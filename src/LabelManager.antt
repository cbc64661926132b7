-- ===== src/LabelManager.antt =====
-- LabelManager.cpp: fresh label names, and the addresses of the labels that are defined.
pub mod Fresh
use bcpl.Prelude.{
  ℕ, ◌+◌, ◌%◌, ◌^◌, ◌≡◌, arith, Bool, true, false, [], ◌++◌, Option, none, some, Text, codes,
  if◌then◌else◌, Result, ok, err, runtime_error,
}
use bcpl.Prelude.Decimal.{to_string_nat}
use bcpl.Prelude.Dict.{Dict, lookup, insert, contains}
use bcpl.RuntimeManager.{RuntimeManager, is_function_registered}

pub record LabelManager : Type 0 where
  pub defined_labels : Dict ℕ
  pub next_label_id : ℕ

-- The counter is a `size_t`.
unfoldable pub create_label : LabelManager → Text × LabelManager
create_label m = (
  codes ".L" ++ to_string_nat m.next_label_id,
  record m { next_label_id = (m.next_label_id + 1) % 2 ^ 64 },
)

unfoldable pub create_global_label : Text → Text
create_global_label name = codes "global_" ++ name

unfoldable pub create_static_label : Text → Text
create_static_label name = codes "static_" ++ name

-- The runtime manager is the singleton that the source reads.
unfoldable pub is_runtime_label : RuntimeManager → Text → Bool
is_runtime_label runtime label_name = is_function_registered runtime label_name

unfoldable pub is_label_defined : LabelManager → Text → Bool
is_label_defined m label_name = contains label_name m.defined_labels

unfoldable pub define_label : LabelManager → Text → ℕ → Result LabelManager
unfolding is_label_defined
define_label m label_name address =
    if is_label_defined m label_name
    then err runtime_error
    else ok (record m { defined_labels = insert label_name address m.defined_labels })

abbrev pub found : Option ℕ → Result ℕ
found none = err runtime_error
found (some a) = ok a

unfoldable pub get_label_address : LabelManager → Text → Result ℕ
get_label_address m label_name = found (lookup label_name m.defined_labels)

unfoldable pub reset : LabelManager → LabelManager
reset m = record { defined_labels = []; next_label_id = 0 }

***

What the task asks:
Retype the records above, but only those lines that fall between the line containing "unfoldable pub is_label_defined" and the line containing "found none = err runtime_error", with both of those lines included, exactly as written.

Result of the task:
unfoldable pub is_label_defined : LabelManager → Text → Bool
is_label_defined m label_name = contains label_name m.defined_labels

unfoldable pub define_label : LabelManager → Text → ℕ → Result LabelManager
unfolding is_label_defined
define_label m label_name address =
    if is_label_defined m label_name
    then err runtime_error
    else ok (record m { defined_labels = insert label_name address m.defined_labels })

abbrev pub found : Option ℕ → Result ℕ
found none = err runtime_error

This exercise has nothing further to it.